Toxic human amylin oligomers and aggregates are implicated in the pathogenesis of type 2 diabetes mellitus (TTDM). Although recent studies have shown that pancreatic cells can recycle amylin monomers and toxic oligomers, the exact uptake mechanism and trafficking routes of these molecular forms and their significance for amylin toxicity are yet to be determined. Using pancreatic rat insulinoma (RIN-m5F) beta (β)-cells and human islets as model systems we show that monomers and oligomers cross the plasma membrane (PM) through both endocytotic and non-endocytotic (translocation) mechanisms, the predominance of which is dependent on amylin concentrations and incubation times. At low (≤100 nM) concentrations, internalization of amylin monomers in pancreatic cells is completely blocked by the selective amylin-receptor (AM-R) antagonist, AC-187, indicating an AM-R dependent mechanism. In contrast at cytotoxic (µM) concentrations monomers initially (1 hour) enter pancreatic cells by two distinct mechanisms: translocation and macropinocytosis. However, during the late stage (24 hours) monomers internalize by a clathrin-dependent but AM-R and macropinocytotic independent pathway. Like monomers a small fraction of the oligomers initially enter cells by a non-endocytotic mechanism. In contrast a majority of the oligomers at both early (1 hour) and late times (24 hours) traffic with a fluid-phase marker, dextran, to the same endocytotic compartments, the uptake of which is blocked by potent macropinocytotic inhibitors. This led to a significant increase in extra-cellular PM accumulation, in turn potentiating amylin toxicity in pancreatic cells. Our studies suggest that macropinocytosis is a major but not the only clearance mechanism for both amylin’s molecular forms, thereby serving a cyto-protective role in these cells.

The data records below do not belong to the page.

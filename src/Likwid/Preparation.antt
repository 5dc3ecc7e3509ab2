-- ===== src/Likwid/Preparation.antt =====
-- What prepareMeasurements prepares.
use xbat_ginkgo.Base.{
  ℕ, suc, ◌<◌, ◌≡◌, refl, ap, ◌∙◌, Bool, true, false, not, ◌&&◌, List, [], ◌∷◌, Option, some, Bytes,
  arith, length, if◌then◌else◌,
}
use xbat_ginkgo.Base.Maps.{bytes_eq, bytes_eq_iff}
use xbat_ginkgo.Base.Outcome.{
  done, Ensures, Ensures-bind, Ensures-done, Ensures-if, Ensures-or_fail,
}
use xbat_ginkgo.Likwid.{
  contains, remove, keep_available, get_available_groups, default_sets, add_event_sets, add_sets,
  Answers, Prepared, in_cpu_set, prepare_measurements,
}

contains-remove :
    (set s : Bytes) (sets : List Bytes)
    → contains s (remove set sets) ≡ (if bytes_eq set s then false else contains s sets)
unfolding contains remove
contains-remove set s [] = ground arith
contains-remove set s (t ∷ sets) =
    ground
      (arith, contains-remove set s sets, bytes_eq_iff t set, bytes_eq_iff t s, bytes_eq_iff set s)

-- A set is kept if it is available, or none of those that were looked for.
contains-keep_available :
    (available : List Bytes) (s : Bytes) (sets set_list : List Bytes)
    → contains s (keep_available available sets set_list)
      ≡ (if contains s sets && not (contains s available) then false else contains s set_list)
unfolding keep_available contains
contains-keep_available available s [] set_list = refl
contains-keep_available available s (set ∷ sets) set_list =
    let rest = if contains set available then set_list else remove set set_list in
    ground (
      arith,
      contains-keep_available available s sets rest,
      contains-remove set s set_list,
      bytes_eq_iff set s,
    )

-- Each set has the id that likwid gave to it, and there are no more ids.
abbrev pub HasIds : (Bytes → Option ℕ) → List Bytes → List ℕ → Type 0
HasIds add_set [] [] = Unit
HasIds add_set [] (gid ∷ gids) = ⊥
HasIds add_set (set ∷ sets) [] = ⊥
HasIds add_set (set ∷ sets) (gid ∷ gids) = (add_set set ≡ some gid) × HasIds add_set sets gids

add_event_sets-HasIds :
    (add_set : Bytes → Option ℕ) (sets : List Bytes)
    → Ensures (HasIds add_set sets) (add_event_sets add_set sets)
unfolding add_event_sets
add_event_sets-HasIds add_set [] = tt
add_event_sets-HasIds add_set (set ∷ sets) =
    let P = HasIds add_set (set ∷ sets) in
    Ensures-or_fail P (add_set set) _ (λ gid e.
      Ensures-bind P (add_event_sets add_set sets) _ (λ gids e'.
        (e, Ensures-done (HasIds add_set sets) _ (add_event_sets-HasIds add_set sets) e')))

length-HasIds :
    (add_set : Bytes → Option ℕ) (sets : List Bytes) (gids : List ℕ)
    → HasIds add_set sets gids
    → length gids ≡ length sets
length-HasIds add_set [] [] h = refl
length-HasIds add_set [] (gid ∷ gids) h = elim h [ ]
length-HasIds add_set (set ∷ sets) [] h = elim h [ ]
length-HasIds add_set (set ∷ sets) (gid ∷ gids) h = ap suc (length-HasIds add_set sets gids h.1)

if_not : (a b : Bool) → (if a && not b then false else a) ≡ (a && b)
if_not true true = refl
if_not true false = refl
if_not false b = refl

abbrev HasSets : (Bytes → Option ℕ) → List Bytes → Prepared → Type 0
HasSets add_set sets p =
    (0 < length p.gids) × HasIds add_set p.set_list p.gids × (p.set_list ≡ sets)

add_sets-HasSets :
    (add_set : Bytes → Option ℕ) (cpus : List ℕ) (sets : List Bytes)
    → Ensures (HasSets add_set sets) (add_sets add_set cpus sets)
unfolding add_sets
add_sets-HasSets add_set cpus [] = tt
add_sets-HasSets add_set cpus (set ∷ sets) =
    Ensures-bind (HasSets add_set (set ∷ sets)) (add_event_sets add_set (set ∷ sets)) _ (λ gids e.
      let ids =
        Ensures-done (HasIds add_set (set ∷ sets)) _ (add_event_sets-HasIds add_set (set ∷ sets))
          e in
      let same = length-HasIds add_set (set ∷ sets) gids ids in (omega (arith, same), ids, refl))

-- If `prepareMeasurements` succeeds, then there is at least one set, the sets are those of the default
-- list that likwid offers, and there are as many ids as sets: at each place the one that likwid gave
-- when the set at that place was added.
pub prepare_measurements_lem :
    (likwid : Answers) (p : Prepared)
    → prepare_measurements likwid ≡ done p
    → (0 < length p.gids)
      × (length p.gids ≡ length p.set_list)
      × HasIds likwid.add_event_set p.set_list p.gids
      × ((s : Bytes)
          → contains s p.set_list
            ≡ (contains s default_sets && contains s (get_available_groups likwid.groups)))
unfolding prepare_measurements
prepare_measurements_lem likwid p h =
    let available = get_available_groups likwid.groups in
    let sets = keep_available available default_sets default_sets in
    let P = HasSets likwid.add_event_set sets in
    let (some_gid, ids, kept) =
      Ensures-done P (prepare_measurements likwid)
        (Ensures-if P (not likwid.topology_init) _ _ (λ _. tt)
          (λ _.
            Ensures-if P (not likwid.hpm_init) _ _ (λ _. tt)
              (λ _.
                Ensures-if P (not (likwid.perfmon_init (in_cpu_set likwid.thread_pool))) _ _
                  (λ _. tt)
                  (λ _.
                    add_sets-HasSets likwid.add_event_set (in_cpu_set likwid.thread_pool) sets))))
        h in
    (
      some_gid,
      length-HasIds likwid.add_event_set p.set_list p.gids ids,
      ids,
      (λ s.
          ap (contains s) kept
          ∙ contains-keep_available available s default_sets default_sets
          ∙ if_not (contains s default_sets) (contains s available)),
    )
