-- ===== src/Likwid/Stamps.antt =====
-- The time stamps of the LIKWID collector.
use xbat_ginkgo.Base.{
  ℕ, zero, suc, ◌+◌, ◌-◌, ◌<◌, ◌≡◌, refl, Bool, true, false, not, ◌&&◌, List, [], ◌∷◌, map, Option,
  none, some, Bytes, codes, All, All-append, if◌then◌else◌, ◌==◌, length,
}
use xbat_ginkgo.Base.Float.{Double}
use xbat_ginkgo.Base.Int.{ℤ, pos, ltb_ℤ, pos_part}
use xbat_ginkgo.Base.Maps.{Map, bytes_eq, bytes_key}
use xbat_ginkgo.Base.Outcome.{
  Outcome, done, fails, faults, Ensures, Ensures-bind, Ensures-done, Ensures-if,
}
use xbat_ginkgo.Collector.{Collector, interval_cleanup}
use xbat_ginkgo.Likwid.{
  Metrics, MetricMeta, Prepared, Answers, MetricDetails, parse_metrics, prepare_measurements,
}
use xbat_ginkgo.Likwid.Results.{
  is_left_out, cpu_loop, metric_name, metric_points, meta_of, metrics_loop, is_channel_set,
  set_points, sets_loop, channel_gids,
}
use xbat_ginkgo.Collector.Interval.{synchronize_measurement_lem}
use xbat_ginkgo.Likwid.Loop.{after_sets, likwid_loop, with_prepared, measure_likwid}
use xbat_ginkgo.Likwid.Sets.{
  Cycle, Measured, Counted, stopped, counted, count_sets, set_time_of, zip_sets, collect_sets,
  measure_sets,
}
use xbat_ginkgo.Measure.{Round, Ending, running, returned, threw, told}
use xbat_ginkgo.Measure.Grid.{IsRun, IsOnGrid, All-IsStamped, head_if, follow_lem}
use xbat_ginkgo.Queue.{Ilp, Entry, double, IsAt}
use xbat_ginkgo.Topology.{CpuTopology}

module _ {W : Type 0} ⦃d : Double W⦄ where
  abbrev AreAt : ℕ → List (Ilp W) → Type 0
  AreAt ts xs = All (λ (x : Ilp W). x.ts ≡ ts) xs

  cpu_loop-AreAt :
      (topology : CpuTopology) (value : ℕ → W) (meta : MetricMeta) (level : Bytes) (ts n l : ℕ)
      → Ensures (AreAt ts) (cpu_loop topology value meta level ts n l)
  unfolding cpu_loop
  cpu_loop-AreAt topology value meta level ts zero l = tt
  cpu_loop-AreAt topology value meta level ts (suc n) l =
      let rest = cpu_loop-AreAt topology value meta level ts n (l + 1) in
      Ensures-if (AreAt ts) (bytes_eq level (codes "socket") && topology.cores_per_socket == 0) _ _
        (λ _. tt)
        (λ _.
          Ensures-if (AreAt ts) (is_left_out topology level l) _ _ (λ _. rest)
            (λ _.
              Ensures-if (AreAt ts) (bytes_eq level (codes "node") && not (l == 0)) _ _ (λ _. tt)
                (λ _.
                  Ensures-bind (AreAt ts) (cpu_loop topology value meta level ts n (l + 1)) _
                    (λ points e. (refl, Ensures-done (AreAt ts) _ rest e)))))

  metric_points-AreAt :
      (topology : CpuTopology) (meta : Option MetricMeta) (value : ℕ → W) (ts cpus : ℕ)
      → Ensures (AreAt ts) (metric_points topology meta value ts cpus)
  unfolding metric_points
  metric_points-AreAt topology none value ts cpus = tt
  metric_points-AreAt topology (some meta) value ts cpus =
      cpu_loop-AreAt topology value meta _ ts cpus 0

  metrics_loop-AreAt :
      (topology : CpuTopology) (mapping : Option (Map Bytes MetricMeta)) (value : ℕ → ℕ → W)
      (ts cpus : ℕ) (names : List Bytes) (k : ℕ)
      → Ensures (AreAt ts) (metrics_loop topology mapping value ts cpus names k)
  unfolding metrics_loop
  metrics_loop-AreAt topology mapping value ts cpus [] k = tt
  metrics_loop-AreAt topology mapping value ts cpus (raw ∷ names) k =
      Ensures-bind (AreAt ts) (metric_name raw) _ (λ name _.
        Ensures-bind (AreAt ts) (metric_points topology (meta_of mapping name) (value k) ts cpus) _
          (λ points e.
            Ensures-bind (AreAt ts) (metrics_loop topology mapping value ts cpus names (k + 1)) _
              (λ more e'.
                All-append (λ (x : Ilp W). x.ts ≡ ts) points more
                  (Ensures-done (AreAt ts) _ (metric_points-AreAt topology _ (value k) ts cpus) e)
                  (Ensures-done (AreAt ts) _
                    (metrics_loop-AreAt topology mapping value ts cpus names (k + 1)) e'))))

  set_points-AreAt :
      (topology : CpuTopology) (metrics : Metrics) (names : ℕ → List Bytes) (value : ℕ → ℕ → ℕ → W)
      (ts cpus : ℕ) (channels : List ℕ) (gid : ℕ) (set : Bytes)
      → Ensures (AreAt ts) (set_points topology metrics names value ts cpus channels gid set)
  unfolding set_points
  set_points-AreAt topology metrics names value ts cpus channels gid set =
      Ensures-if (AreAt ts) (is_channel_set set) _ _
        (λ _.
          Ensures-if (AreAt ts) (bytes_eq set (codes "MEM1")) _ _
            (λ _. metrics_loop-AreAt topology _ _ ts cpus (names gid) 0) (λ _. tt))
        (λ _. metrics_loop-AreAt topology _ _ ts cpus (names gid) 0)

  sets_loop-AreAt :
      (topology : CpuTopology) (metrics : Metrics) (names : ℕ → List Bytes) (value : ℕ → ℕ → ℕ → W)
      (ts cpus : ℕ) (channels : List ℕ) (sets : List (ℕ × Bytes))
      → Ensures (AreAt ts) (sets_loop topology metrics names value ts cpus channels sets)
  unfolding sets_loop
  sets_loop-AreAt topology metrics names value ts cpus channels [] = tt
  sets_loop-AreAt topology metrics names value ts cpus channels ((gid, set) ∷ sets) =
      Ensures-bind (AreAt ts) (set_points topology metrics names value ts cpus channels gid set) _
        (λ points e.
          Ensures-bind (AreAt ts) (sets_loop topology metrics names value ts cpus channels sets) _
            (λ more e'.
              All-append (λ (x : Ilp W). x.ts ≡ ts) points more
                (Ensures-done (AreAt ts) _
                  (set_points-AreAt topology metrics names value ts cpus channels gid set) e)
                (Ensures-done (AreAt ts) _
                  (sets_loop-AreAt topology metrics names value ts cpus channels sets) e')))

  map-IsAt : (ts : ℕ) (xs : List (Ilp W)) → AreAt ts xs → All (IsAt ts) (map double xs)
  map-IsAt ts [] at = tt
  map-IsAt ts (x ∷ xs) (e, at) = (e, map-IsAt ts xs at)

  -- What `measureSets` pushes is stamped with the end of the interval.
  abbrev IsMeasured : ℕ → Measured W → Type 0
  IsMeasured ts (es, overhead) = All (IsAt ts) es

  collect_sets-IsMeasured :
      (p : Prepared) (topology : CpuTopology) (metrics : Metrics) (ts overhead : ℕ)
      (cycle : Cycle W) (c : Counted)
      → Ensures (IsMeasured ts) (collect_sets p topology metrics ts overhead cycle c)
  unfolding collect_sets
  collect_sets-IsMeasured p topology metrics ts overhead cycle stopped = tt
  collect_sets-IsMeasured p topology metrics ts overhead cycle (counted overheads slept) =
      let sets = zip_sets p.gids p.set_list in
      let loop =
        sets_loop-AreAt topology metrics cycle.metric_names cycle.last_metric ts (length p.cpus)
          (channel_gids sets) sets in
      Ensures-bind (IsMeasured ts)
        (sets_loop topology metrics cycle.metric_names cycle.last_metric ts (length p.cpus)
          (channel_gids sets) sets)
        _ (λ points e. map-IsAt ts points (Ensures-done (AreAt ts) _ loop e))

  measure_sets-IsMeasured :
      (p : Prepared) (topology : CpuTopology) (metrics : Metrics) (ts : ℕ) (time_left : ℤ)
      (overhead : ℕ) (cycle : Cycle W)
      → Ensures (IsMeasured ts) (measure_sets p topology metrics ts time_left overhead cycle)
  unfolding measure_sets
  measure_sets-IsMeasured p topology metrics ts time_left overhead cycle =
      Ensures-if (IsMeasured ts) (ltb_ℤ time_left (pos overhead)) _ _ (λ _. tt)
        (λ _.
          Ensures-bind (IsMeasured ts) (set_time_of (pos_part time_left - overhead) (length p.gids))
            _
            (λ set_time _.
              Ensures-bind (IsMeasured ts) (count_sets set_time cycle.run_of p.gids 0 0) _
                (λ c _. collect_sets-IsMeasured p topology metrics ts overhead cycle c)))

  stop_run :
      (b ended : Bool) (c : Collector) (rest : Option (List (Entry W) × Ending))
      → IsRun c ended rest
      → IsRun c ended (if b then some ([], returned (pos 0)) else rest)
  stop_run true ended c rest h = ([], returned (pos 0), refl, tt, (λ _ h. cc))
  stop_run false ended c rest h = h

  after_sets_lem :
      (rest : ℕ → Collector → Option (List (Entry W) × Ending)) (c c' : Collector) (ended : Bool)
      (heartbeat : ℕ) (o : Outcome (Measured W))
      → 0 < c.interval
      → c'.interval ≡ c.interval
      → IsOnGrid c.interval_start c.interval c'.interval_end
      → ((overhead : ℕ) (next : Collector)
          → 0 < next.interval
          → IsRun next ended (rest overhead next))
      → Ensures (IsMeasured c'.interval_end) o
      → IsRun c ended (after_sets rest c' heartbeat o)
  unfolding after_sets interval_cleanup
  after_sets_lem rest c c' ended heartbeat (done (es, overhead)) positive same on right at =
      follow_lem c ended (rest overhead) positive (right overhead) es _ (All-IsStamped c _ on es at)
        (same, on)
  after_sets_lem rest c c' ended heartbeat fails positive same on right at =
      ([], returned (pos 1), refl, tt, (λ _ h. cc))
  after_sets_lem rest c c' ended heartbeat faults positive same on right at =
      ([], threw, refl, tt, (λ _ h. cc))

  likwid_loop_lem :
      (p : Prepared) (topology : CpuTopology) (metrics : Metrics) (overhead : ℕ) (c : Collector)
      (rs : List (Round (Cycle W)))
      → 0 < c.interval
      → IsRun c (told rs) (likwid_loop p topology metrics overhead c rs)
  unfolding likwid_loop
  likwid_loop_lem p topology metrics overhead c [] positive = ([], running, refl, tt, (λ h. cc))
  likwid_loop_lem p topology metrics overhead c (r ∷ rs) positive =
      let (c', slept, e, sync) = synchronize_measurement_lem c r.flag r.now positive in
      head_if r.stop_head (told rs) c _ (
        rw e (
          stop_run r.stop_first (told rs) c _ (
            after_sets_lem _ c c' (told rs) r.heartbeat _ positive sync.same_interval
              sync.placed.on_grid
              (λ overhead' next positive'.
                likwid_loop_lem p topology metrics overhead' next rs positive')
              (measure_sets-IsMeasured p topology metrics c'.interval_end c'.time_left overhead
                r.first))))

  with_prepared_lem :
      (m : Outcome Metrics) (p : Outcome Prepared) (topology : CpuTopology) (c : Collector)
      (rs : List (Round (Cycle W)))
      → 0 < c.interval
      → IsRun c (told rs) (with_prepared m p topology c rs)
  unfolding with_prepared
  with_prepared_lem (done metrics) (done p) topology c rs positive =
      likwid_loop_lem p topology metrics 1000 c rs positive
  with_prepared_lem (done metrics) fails topology c rs positive =
      ([], returned (pos 1), refl, tt, (λ _ h. cc))
  with_prepared_lem (done metrics) faults topology c rs positive =
      ([], threw, refl, tt, (λ _ h. cc))
  with_prepared_lem fails p topology c rs positive = ([], threw, refl, tt, (λ _ h. cc))
  with_prepared_lem faults p topology c rs positive = ([], threw, refl, tt, (λ _ h. cc))

  -- With a positive interval, whatever likwid answers and the rounds find: each round of
  -- `CLikwidPerfctr::measure` ends, and every time stamp that is pushed lies on the grid.
  pub measure_likwid_lem :
      (file : Option (List (Bytes × List (Bytes × MetricDetails)))) (likwid : Answers)
      (topology : CpuTopology) (c : Collector) (rs : List (Round (Cycle W)))
      → 0 < c.interval
      → IsRun c (told rs) (measure_likwid file likwid topology c rs)
  unfolding measure_likwid
  measure_likwid_lem file likwid topology c rs positive =
      with_prepared_lem (parse_metrics file) (prepare_measurements likwid) topology c rs positive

毒性人胰淀素寡聚体与聚集体与2型糖尿病（type 2 diabetes mellitus, TTDM）的发病机制密切相关。尽管近期研究表明胰腺细胞可循环利用胰淀素单体及毒性寡聚体，但这类分子形式的确切摄取机制、转运通路，及其与胰淀素毒性的关联尚未明确。本研究以大鼠胰腺胰岛素瘤（RIN-m5F）β细胞及人类胰岛作为模型系统，证实单体与寡聚体可通过内吞与非内吞（转位）两种途径跨越质膜（plasma membrane, PM），两种途径的相对占比取决于胰淀素浓度与孵育时长。在低浓度（≤100 nM）条件下，胰腺细胞对胰淀素单体的内吞过程可被选择性胰淀素受体（amylin-receptor, AM-R）拮抗剂AC-187完全阻断，提示该过程依赖AM-R介导。与之相反，在细胞毒性（微摩尔级）浓度下，单体在初始阶段（1小时）可通过两种不同途径进入胰腺细胞：转位与巨胞饮。但在孵育后期（24小时），单体则通过网格蛋白依赖、但不依赖AM-R与巨胞饮的通路完成内吞。与单体类似，仅有小部分寡聚体可在初始阶段通过非内吞途径进入细胞。与之形成对比的是，在早期（1小时）与晚期（24小时）两个时间点，多数寡聚体均可与液相标记物葡聚糖（dextran）共同转运至同一内吞区室，且其摄取过程可被强效巨胞饮抑制剂阻断。该现象会导致细胞外质膜聚集量显著增加，进而增强胰淀素对胰腺细胞的毒性作用。本研究表明，巨胞饮是两种分子形式胰淀素的主要而非唯一清除途径，因此在胰腺细胞中发挥细胞保护作用。